WHAT IS BEING ASKED: Copy out exactly the lines from the start of the data to the line containing "-- 2, 4, 8, 16, 32". Include both.

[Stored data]

-- ===== src/Database/Examples.antt =====
-- internal/db/db.go: the kinds of databases, and retries.
use frigate_notifications.Prelude.{
  ℕ, ◌≡◌, refl, Bool, true, false, ◌==◌, some, [], ◌∷◌, lit, text_eq, ok, err, arith,
}
use frigate_notifications.Unicode.{ascii}
use frigate_notifications.Database.{
  kind_of, postgres, retry_until, schema_retry_min, schema_retry_max,
}
use frigate_notifications.Database.Retries.{Reports, retry_until-Reports}

upper_case : kind_of ascii (lit "PostgreSQL://db/frigate") ≡ ok postgres
unfolding kind_of text_eq
upper_case = refl

no_scheme : kind_of ascii (lit "db/frigate") ≡ err
unfolding kind_of text_eq
no_scheme = refl

-- The database comes up before the seventh attempt.
abbrev seventh : ℕ → Bool
seventh k = k == 6

abbrev never : ℕ → Bool
never k = false

-- 2, 4, 8, 16, 32 seconds, then a minute each.
waits : retry_until schema_retry_max never seventh 10 schema_retry_min ≡ (
  some true,
  2_000_000_000 ∷ 4_000_000_000 ∷ 8_000_000_000 ∷ 16_000_000_000 ∷ 32_000_000_000 ∷ 60_000_000_000
      ∷ 60_000_000_000 ∷ [],
)
unfolding retry_until
waits = refl

retry_until-Reports_example :
    Reports schema_retry_min schema_retry_max 7 true
      (retry_until schema_retry_max never seventh 10 schema_retry_min)
retry_until-Reports_example =
    retry_until-Reports schema_retry_min schema_retry_max (omega arith) never seventh 6 10
      (omega arith) (λ i l. refl) refl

FINAL ANSWER:
-- ===== src/Database/Examples.antt =====
-- internal/db/db.go: the kinds of databases, and retries.
use frigate_notifications.Prelude.{
  ℕ, ◌≡◌, refl, Bool, true, false, ◌==◌, some, [], ◌∷◌, lit, text_eq, ok, err, arith,
}
use frigate_notifications.Unicode.{ascii}
use frigate_notifications.Database.{
  kind_of, postgres, retry_until, schema_retry_min, schema_retry_max,
}
use frigate_notifications.Database.Retries.{Reports, retry_until-Reports}

upper_case : kind_of ascii (lit "PostgreSQL://db/frigate") ≡ ok postgres
unfolding kind_of text_eq
upper_case = refl

no_scheme : kind_of ascii (lit "db/frigate") ≡ err
unfolding kind_of text_eq
no_scheme = refl

-- The database comes up before the seventh attempt.
abbrev seventh : ℕ → Bool
seventh k = k == 6

abbrev never : ℕ → Bool
never k = false

-- 2, 4, 8, 16, 32 seconds, then a minute each.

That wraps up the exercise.